# Information shown

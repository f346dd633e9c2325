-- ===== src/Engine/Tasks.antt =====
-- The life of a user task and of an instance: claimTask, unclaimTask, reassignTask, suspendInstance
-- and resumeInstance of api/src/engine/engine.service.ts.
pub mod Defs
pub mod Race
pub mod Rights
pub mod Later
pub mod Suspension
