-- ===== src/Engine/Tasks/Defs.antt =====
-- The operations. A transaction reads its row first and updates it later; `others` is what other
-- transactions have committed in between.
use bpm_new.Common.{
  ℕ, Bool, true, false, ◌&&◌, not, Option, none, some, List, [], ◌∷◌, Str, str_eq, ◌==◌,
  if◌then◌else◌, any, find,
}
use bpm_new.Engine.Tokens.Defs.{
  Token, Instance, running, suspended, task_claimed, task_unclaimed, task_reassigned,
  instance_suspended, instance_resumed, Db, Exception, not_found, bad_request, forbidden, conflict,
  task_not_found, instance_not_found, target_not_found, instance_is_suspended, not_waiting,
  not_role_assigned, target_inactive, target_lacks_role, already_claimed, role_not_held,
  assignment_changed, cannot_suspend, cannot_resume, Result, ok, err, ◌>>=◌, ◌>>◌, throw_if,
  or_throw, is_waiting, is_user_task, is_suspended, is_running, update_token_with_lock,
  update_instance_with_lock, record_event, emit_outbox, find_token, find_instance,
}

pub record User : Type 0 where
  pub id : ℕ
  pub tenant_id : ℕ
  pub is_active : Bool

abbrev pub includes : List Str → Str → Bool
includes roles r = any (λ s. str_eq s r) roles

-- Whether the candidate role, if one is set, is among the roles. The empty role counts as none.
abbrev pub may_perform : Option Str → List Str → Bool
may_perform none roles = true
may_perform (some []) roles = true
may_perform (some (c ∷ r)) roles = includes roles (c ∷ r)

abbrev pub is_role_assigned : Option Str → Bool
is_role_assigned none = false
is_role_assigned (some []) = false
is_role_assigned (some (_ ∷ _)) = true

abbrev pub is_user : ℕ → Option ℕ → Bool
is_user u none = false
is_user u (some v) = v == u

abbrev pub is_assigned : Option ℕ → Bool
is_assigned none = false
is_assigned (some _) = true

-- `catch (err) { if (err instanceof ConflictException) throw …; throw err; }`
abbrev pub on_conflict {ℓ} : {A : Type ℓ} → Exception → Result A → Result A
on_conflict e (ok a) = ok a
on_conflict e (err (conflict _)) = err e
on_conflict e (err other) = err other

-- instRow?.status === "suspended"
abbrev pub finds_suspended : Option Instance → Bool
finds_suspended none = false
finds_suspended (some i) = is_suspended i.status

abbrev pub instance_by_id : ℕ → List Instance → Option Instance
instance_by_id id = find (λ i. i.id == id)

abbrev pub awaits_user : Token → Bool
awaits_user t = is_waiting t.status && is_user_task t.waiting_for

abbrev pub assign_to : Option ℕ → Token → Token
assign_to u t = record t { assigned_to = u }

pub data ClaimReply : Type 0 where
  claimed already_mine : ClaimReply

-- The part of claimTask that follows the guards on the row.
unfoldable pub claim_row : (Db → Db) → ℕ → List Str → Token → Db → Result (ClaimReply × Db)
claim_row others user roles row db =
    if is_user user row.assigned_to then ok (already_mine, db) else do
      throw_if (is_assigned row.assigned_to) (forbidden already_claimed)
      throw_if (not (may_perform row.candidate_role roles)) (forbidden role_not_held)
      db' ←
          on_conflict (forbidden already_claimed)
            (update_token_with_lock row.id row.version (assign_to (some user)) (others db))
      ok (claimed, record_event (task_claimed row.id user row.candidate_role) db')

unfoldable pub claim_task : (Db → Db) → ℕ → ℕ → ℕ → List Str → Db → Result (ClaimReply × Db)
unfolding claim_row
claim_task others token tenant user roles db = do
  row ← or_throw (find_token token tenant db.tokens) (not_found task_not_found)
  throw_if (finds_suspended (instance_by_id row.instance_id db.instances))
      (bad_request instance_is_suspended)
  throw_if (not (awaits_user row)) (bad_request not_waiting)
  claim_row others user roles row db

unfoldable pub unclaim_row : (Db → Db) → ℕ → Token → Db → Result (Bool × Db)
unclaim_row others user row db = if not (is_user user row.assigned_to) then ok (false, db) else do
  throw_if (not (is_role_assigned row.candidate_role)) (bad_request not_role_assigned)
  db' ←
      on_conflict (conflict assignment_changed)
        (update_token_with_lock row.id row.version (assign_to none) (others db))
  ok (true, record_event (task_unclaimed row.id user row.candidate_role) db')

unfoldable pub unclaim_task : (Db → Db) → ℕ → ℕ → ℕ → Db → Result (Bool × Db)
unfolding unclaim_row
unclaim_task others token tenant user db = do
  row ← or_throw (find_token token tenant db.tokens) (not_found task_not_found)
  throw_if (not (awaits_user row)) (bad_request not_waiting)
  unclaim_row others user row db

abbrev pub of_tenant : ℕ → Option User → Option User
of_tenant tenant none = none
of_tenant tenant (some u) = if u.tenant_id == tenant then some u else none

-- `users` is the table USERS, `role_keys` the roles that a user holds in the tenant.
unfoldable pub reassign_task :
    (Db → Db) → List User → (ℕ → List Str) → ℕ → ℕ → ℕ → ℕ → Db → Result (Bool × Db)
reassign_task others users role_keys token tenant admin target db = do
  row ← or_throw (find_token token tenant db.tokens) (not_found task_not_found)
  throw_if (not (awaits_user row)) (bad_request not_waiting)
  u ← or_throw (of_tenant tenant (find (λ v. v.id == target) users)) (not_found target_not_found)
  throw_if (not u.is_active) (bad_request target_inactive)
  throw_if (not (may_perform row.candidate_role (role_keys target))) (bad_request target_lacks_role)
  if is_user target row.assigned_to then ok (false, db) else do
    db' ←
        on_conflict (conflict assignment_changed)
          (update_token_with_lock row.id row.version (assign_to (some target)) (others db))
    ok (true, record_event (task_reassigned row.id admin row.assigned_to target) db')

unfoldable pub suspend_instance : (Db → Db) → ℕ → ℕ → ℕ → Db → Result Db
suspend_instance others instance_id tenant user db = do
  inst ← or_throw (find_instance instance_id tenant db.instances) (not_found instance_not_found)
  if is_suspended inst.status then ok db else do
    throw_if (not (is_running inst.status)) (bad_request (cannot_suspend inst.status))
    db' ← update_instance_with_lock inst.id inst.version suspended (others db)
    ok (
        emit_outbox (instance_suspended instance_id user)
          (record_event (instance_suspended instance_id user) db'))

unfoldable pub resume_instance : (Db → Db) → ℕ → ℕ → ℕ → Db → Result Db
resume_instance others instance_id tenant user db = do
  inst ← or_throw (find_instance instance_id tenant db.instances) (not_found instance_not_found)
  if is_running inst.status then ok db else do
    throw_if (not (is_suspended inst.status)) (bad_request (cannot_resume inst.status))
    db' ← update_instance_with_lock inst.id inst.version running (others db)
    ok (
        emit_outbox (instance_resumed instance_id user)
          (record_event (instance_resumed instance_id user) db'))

# Exercise details
Your output must contain exactly the lines from the one containing "throw_if (not (is_running" to the final line of the data above, and no other text.

# Reply
    throw_if (not (is_running inst.status)) (bad_request (cannot_suspend inst.status))
    db' ← update_instance_with_lock inst.id inst.version suspended (others db)
    ok (
        emit_outbox (instance_suspended instance_id user)
          (record_event (instance_suspended instance_id user) db'))

unfoldable pub resume_instance : (Db → Db) → ℕ → ℕ → ℕ → Db → Result Db
resume_instance others instance_id tenant user db = do
  inst ← or_throw (find_instance instance_id tenant db.instances) (not_found instance_not_found)
  if is_running inst.status then ok db else do
    throw_if (not (is_suspended inst.status)) (bad_request (cannot_resume inst.status))
    db' ← update_instance_with_lock inst.id inst.version running (others db)
    ok (
        emit_outbox (instance_resumed instance_id user)
          (record_event (instance_resumed instance_id user) db'))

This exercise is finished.